- _The task_:
Only the lines below, from the one with "unfoldable pub byte_sent : Client → Res ℕ" through the one with "no_client ↦ ok client.stats.total_recv", are to be written out, exactly.
======== Input material ========
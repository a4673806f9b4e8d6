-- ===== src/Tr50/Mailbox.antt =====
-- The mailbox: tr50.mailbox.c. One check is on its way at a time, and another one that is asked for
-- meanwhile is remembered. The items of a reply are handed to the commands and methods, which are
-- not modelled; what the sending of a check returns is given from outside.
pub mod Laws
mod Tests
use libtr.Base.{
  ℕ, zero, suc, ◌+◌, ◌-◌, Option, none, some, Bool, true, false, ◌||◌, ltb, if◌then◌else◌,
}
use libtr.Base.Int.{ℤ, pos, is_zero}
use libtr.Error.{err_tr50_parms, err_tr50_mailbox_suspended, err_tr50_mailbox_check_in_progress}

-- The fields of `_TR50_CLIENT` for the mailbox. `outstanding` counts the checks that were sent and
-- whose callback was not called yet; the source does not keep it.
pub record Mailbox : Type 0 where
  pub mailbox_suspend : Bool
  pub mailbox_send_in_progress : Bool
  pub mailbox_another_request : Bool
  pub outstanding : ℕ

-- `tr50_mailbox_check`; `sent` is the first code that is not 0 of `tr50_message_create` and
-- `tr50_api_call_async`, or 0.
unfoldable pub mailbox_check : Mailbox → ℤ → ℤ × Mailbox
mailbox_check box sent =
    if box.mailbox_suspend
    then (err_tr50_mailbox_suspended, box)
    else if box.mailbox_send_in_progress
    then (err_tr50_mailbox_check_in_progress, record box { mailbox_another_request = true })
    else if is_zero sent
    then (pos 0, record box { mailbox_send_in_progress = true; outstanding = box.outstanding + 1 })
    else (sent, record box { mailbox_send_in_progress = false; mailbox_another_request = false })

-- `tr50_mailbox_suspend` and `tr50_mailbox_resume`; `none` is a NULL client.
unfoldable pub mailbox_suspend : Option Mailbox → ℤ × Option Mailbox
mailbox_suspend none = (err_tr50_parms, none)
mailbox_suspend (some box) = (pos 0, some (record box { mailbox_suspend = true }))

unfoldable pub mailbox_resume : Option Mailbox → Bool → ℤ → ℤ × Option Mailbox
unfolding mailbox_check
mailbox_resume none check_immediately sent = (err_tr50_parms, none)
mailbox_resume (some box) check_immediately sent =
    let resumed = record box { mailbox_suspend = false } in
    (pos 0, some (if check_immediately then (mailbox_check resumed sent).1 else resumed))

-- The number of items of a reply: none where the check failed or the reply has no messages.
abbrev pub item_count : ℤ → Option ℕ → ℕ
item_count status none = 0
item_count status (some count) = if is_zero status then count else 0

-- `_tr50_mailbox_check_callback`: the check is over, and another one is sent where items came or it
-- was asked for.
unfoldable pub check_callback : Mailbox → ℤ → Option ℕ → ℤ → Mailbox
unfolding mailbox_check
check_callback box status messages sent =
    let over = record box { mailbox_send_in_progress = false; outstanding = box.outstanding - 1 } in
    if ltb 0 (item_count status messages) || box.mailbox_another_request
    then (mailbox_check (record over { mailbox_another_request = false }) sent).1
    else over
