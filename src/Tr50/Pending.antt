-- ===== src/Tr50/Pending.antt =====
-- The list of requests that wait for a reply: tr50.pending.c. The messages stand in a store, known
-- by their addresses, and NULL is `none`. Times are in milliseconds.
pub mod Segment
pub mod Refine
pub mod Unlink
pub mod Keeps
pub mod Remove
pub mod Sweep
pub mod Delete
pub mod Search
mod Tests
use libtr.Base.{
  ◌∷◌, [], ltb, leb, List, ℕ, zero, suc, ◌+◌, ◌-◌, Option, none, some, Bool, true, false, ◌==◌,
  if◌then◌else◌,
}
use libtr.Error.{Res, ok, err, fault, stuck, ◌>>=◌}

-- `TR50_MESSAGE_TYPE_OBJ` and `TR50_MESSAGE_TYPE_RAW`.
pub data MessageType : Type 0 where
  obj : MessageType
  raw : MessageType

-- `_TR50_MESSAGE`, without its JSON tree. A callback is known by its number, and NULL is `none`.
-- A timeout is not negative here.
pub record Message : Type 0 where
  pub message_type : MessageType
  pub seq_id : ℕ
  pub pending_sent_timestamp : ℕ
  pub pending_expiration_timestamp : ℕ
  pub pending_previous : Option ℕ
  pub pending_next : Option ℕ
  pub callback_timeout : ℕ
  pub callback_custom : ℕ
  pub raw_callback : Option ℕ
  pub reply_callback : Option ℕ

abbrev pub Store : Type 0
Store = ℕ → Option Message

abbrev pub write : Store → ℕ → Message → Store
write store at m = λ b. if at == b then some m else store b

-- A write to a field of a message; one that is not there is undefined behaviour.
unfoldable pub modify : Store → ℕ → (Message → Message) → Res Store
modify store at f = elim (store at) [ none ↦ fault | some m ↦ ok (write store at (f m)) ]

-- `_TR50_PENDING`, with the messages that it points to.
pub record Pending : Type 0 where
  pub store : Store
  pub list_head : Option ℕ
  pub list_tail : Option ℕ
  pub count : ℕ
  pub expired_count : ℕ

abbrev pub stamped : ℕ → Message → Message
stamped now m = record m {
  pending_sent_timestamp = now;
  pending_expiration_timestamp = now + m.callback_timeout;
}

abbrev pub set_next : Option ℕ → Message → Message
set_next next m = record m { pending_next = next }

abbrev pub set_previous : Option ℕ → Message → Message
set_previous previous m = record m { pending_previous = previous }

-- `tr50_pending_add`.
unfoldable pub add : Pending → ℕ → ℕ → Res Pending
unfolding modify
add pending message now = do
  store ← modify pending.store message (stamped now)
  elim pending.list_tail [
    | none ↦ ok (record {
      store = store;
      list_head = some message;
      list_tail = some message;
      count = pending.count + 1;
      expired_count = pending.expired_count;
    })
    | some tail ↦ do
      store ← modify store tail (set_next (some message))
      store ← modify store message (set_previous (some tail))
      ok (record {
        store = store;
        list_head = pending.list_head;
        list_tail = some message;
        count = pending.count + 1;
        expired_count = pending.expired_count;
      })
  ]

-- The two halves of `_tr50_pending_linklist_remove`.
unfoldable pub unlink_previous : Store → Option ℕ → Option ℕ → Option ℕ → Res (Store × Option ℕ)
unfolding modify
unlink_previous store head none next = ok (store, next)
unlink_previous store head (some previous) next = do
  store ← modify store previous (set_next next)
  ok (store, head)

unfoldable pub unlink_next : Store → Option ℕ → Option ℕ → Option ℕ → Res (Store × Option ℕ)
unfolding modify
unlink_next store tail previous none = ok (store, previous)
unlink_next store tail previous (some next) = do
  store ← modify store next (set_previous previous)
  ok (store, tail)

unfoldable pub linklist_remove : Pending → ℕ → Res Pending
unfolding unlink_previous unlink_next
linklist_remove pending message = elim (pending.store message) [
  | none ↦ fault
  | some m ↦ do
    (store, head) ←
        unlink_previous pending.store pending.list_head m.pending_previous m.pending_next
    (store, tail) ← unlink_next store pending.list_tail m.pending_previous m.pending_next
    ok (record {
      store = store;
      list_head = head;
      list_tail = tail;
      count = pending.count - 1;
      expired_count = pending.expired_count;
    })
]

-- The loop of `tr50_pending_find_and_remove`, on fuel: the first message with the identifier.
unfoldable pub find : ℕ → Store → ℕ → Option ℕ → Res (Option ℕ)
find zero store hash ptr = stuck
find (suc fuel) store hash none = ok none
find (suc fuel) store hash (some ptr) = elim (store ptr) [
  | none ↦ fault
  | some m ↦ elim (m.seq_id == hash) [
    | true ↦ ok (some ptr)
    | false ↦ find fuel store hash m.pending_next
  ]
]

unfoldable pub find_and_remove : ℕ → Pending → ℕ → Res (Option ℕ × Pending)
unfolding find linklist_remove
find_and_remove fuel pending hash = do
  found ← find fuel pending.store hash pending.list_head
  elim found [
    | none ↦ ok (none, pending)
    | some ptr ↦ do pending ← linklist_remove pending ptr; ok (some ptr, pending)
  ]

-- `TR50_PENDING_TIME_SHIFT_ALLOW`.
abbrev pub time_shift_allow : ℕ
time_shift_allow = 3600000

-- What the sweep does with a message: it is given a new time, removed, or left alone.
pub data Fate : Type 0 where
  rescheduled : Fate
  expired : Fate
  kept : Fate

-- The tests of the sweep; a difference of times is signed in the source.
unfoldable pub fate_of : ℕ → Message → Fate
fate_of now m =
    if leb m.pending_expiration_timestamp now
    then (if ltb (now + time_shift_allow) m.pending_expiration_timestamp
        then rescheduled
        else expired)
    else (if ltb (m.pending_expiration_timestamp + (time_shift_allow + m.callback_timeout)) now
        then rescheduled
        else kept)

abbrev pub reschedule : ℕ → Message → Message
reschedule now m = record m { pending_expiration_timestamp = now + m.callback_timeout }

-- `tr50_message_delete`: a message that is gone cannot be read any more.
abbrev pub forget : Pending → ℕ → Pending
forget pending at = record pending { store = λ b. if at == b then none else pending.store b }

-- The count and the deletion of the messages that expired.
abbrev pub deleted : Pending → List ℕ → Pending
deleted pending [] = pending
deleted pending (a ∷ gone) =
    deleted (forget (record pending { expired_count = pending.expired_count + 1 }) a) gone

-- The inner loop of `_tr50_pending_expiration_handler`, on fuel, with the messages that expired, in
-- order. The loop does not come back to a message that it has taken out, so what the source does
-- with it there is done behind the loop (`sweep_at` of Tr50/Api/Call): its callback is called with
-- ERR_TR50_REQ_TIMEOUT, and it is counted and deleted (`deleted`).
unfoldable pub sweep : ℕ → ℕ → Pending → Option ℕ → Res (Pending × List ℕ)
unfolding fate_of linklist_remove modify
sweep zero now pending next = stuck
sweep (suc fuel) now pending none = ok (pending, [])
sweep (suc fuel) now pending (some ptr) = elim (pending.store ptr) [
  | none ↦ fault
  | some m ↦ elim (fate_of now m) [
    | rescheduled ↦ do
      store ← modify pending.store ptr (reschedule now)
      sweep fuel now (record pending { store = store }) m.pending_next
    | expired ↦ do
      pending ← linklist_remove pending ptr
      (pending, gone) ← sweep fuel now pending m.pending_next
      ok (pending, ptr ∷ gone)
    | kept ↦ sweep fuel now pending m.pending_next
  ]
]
========
======== Input material ========
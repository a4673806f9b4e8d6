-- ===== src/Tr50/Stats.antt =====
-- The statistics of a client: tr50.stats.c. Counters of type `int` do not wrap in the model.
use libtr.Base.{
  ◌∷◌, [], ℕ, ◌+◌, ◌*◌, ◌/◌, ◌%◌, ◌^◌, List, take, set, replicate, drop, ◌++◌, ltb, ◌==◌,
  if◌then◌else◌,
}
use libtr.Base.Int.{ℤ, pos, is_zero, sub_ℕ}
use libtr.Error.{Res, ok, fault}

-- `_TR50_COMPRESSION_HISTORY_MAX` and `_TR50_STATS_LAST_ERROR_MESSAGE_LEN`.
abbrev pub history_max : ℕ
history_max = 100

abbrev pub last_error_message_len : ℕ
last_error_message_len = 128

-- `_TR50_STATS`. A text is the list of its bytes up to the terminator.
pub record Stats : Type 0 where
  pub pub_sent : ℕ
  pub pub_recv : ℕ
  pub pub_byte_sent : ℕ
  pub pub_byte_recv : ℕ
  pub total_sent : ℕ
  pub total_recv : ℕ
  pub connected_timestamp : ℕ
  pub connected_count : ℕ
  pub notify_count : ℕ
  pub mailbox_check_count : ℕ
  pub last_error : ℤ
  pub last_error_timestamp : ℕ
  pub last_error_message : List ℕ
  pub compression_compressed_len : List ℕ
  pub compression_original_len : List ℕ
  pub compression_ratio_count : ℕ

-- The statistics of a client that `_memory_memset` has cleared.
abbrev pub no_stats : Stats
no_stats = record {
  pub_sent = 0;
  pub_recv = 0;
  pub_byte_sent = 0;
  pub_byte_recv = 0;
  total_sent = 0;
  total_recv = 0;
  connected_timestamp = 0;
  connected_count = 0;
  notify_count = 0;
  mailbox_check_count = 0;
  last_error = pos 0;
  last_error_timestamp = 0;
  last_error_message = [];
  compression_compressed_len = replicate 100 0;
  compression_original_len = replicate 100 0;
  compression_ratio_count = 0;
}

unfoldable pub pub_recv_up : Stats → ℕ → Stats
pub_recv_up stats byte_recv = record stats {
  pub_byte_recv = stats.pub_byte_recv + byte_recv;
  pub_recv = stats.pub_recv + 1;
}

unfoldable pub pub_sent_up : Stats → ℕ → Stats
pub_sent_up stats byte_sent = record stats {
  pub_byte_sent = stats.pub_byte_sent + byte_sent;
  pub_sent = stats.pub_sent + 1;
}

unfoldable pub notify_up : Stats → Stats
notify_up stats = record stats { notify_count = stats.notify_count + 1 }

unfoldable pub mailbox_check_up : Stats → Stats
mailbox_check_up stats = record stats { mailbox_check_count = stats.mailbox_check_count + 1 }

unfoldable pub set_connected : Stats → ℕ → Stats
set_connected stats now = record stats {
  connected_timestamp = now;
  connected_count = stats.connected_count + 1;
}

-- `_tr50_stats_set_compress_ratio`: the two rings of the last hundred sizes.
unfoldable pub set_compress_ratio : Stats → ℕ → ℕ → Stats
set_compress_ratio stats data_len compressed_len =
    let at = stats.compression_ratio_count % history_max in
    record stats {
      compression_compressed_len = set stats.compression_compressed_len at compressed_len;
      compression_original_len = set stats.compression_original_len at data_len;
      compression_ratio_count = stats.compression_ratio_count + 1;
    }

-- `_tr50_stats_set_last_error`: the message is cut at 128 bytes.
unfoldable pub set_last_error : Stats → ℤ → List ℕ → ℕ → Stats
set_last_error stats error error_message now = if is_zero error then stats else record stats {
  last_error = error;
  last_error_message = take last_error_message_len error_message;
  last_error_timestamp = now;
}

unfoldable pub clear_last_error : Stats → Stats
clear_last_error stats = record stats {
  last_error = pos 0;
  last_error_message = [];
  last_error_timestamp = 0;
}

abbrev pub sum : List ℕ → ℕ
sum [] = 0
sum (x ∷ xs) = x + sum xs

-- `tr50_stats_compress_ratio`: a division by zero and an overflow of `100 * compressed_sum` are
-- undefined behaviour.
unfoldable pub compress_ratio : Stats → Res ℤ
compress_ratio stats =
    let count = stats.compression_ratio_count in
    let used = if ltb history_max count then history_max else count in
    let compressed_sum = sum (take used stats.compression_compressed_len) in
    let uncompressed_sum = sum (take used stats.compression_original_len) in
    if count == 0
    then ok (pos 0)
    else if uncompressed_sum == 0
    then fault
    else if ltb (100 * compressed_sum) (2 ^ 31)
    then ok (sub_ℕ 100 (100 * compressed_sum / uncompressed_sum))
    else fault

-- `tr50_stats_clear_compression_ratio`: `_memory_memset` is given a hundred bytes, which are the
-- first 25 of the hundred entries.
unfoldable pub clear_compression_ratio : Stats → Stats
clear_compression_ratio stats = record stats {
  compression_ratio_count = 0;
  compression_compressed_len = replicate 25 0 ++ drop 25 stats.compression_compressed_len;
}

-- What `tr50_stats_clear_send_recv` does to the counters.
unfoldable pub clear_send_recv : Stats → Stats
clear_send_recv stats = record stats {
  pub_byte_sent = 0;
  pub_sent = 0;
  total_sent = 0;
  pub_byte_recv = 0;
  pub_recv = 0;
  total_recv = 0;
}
========
======== Input material ========
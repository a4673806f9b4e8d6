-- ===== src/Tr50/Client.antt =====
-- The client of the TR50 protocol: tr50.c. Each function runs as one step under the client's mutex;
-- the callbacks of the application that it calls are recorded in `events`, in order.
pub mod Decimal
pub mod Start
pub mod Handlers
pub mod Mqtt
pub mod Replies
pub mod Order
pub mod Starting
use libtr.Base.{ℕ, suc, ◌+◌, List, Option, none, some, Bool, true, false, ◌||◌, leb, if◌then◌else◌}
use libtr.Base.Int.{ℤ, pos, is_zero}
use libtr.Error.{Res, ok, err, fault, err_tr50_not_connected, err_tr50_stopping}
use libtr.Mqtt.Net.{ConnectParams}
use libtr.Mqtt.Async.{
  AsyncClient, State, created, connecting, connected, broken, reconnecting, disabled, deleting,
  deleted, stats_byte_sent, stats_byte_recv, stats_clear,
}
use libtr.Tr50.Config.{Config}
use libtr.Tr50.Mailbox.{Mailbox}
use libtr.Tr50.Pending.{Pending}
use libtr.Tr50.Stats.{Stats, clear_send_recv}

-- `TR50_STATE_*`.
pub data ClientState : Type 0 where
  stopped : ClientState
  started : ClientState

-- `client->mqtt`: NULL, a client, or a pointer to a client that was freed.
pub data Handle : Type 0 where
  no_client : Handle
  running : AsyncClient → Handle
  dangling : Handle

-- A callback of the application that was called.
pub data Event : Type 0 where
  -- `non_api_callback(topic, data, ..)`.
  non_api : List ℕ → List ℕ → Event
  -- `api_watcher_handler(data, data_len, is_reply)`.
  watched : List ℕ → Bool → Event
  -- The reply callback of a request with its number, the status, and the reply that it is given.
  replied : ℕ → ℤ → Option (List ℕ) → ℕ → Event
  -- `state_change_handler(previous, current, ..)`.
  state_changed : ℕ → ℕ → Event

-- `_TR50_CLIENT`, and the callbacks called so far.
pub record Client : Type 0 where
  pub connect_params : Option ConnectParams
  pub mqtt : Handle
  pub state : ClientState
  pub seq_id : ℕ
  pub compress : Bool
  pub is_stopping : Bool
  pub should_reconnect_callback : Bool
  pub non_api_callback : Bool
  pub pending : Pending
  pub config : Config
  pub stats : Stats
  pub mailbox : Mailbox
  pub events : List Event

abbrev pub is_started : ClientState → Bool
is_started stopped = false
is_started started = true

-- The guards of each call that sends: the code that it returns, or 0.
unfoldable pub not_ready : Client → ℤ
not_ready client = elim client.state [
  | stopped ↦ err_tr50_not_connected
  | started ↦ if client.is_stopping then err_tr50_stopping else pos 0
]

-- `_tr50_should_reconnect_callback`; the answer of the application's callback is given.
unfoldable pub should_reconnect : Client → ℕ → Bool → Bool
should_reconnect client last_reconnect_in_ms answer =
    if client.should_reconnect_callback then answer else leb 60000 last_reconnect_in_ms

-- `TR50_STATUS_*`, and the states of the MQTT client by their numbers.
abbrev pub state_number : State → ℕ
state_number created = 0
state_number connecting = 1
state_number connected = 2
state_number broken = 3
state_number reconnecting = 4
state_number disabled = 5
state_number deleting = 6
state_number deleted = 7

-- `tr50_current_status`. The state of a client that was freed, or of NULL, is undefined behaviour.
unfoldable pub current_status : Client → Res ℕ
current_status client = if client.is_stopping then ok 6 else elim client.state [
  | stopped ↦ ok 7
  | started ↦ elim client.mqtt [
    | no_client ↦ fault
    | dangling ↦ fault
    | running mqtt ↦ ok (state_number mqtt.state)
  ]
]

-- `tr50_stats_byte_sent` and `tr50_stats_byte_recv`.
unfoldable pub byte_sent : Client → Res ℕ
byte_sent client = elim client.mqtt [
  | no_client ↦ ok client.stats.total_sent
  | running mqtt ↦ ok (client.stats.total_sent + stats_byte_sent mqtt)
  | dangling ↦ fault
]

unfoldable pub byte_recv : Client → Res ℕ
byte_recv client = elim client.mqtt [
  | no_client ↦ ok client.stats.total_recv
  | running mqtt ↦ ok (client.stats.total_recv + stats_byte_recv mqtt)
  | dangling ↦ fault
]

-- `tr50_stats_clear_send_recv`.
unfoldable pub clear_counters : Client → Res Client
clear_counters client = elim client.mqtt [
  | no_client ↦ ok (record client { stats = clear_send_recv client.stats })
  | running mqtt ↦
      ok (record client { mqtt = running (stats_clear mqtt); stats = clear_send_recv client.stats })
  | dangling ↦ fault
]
========
- _Result_:
unfoldable pub byte_sent : Client → Res ℕ
byte_sent client = elim client.mqtt [
  | no_client ↦ ok client.stats.total_sent
  | running mqtt ↦ ok (client.stats.total_sent + stats_byte_sent mqtt)
  | dangling ↦ fault
]

unfoldable pub byte_recv : Client → Res ℕ
byte_recv client = elim client.mqtt [
  | no_client ↦ ok client.stats.total_recv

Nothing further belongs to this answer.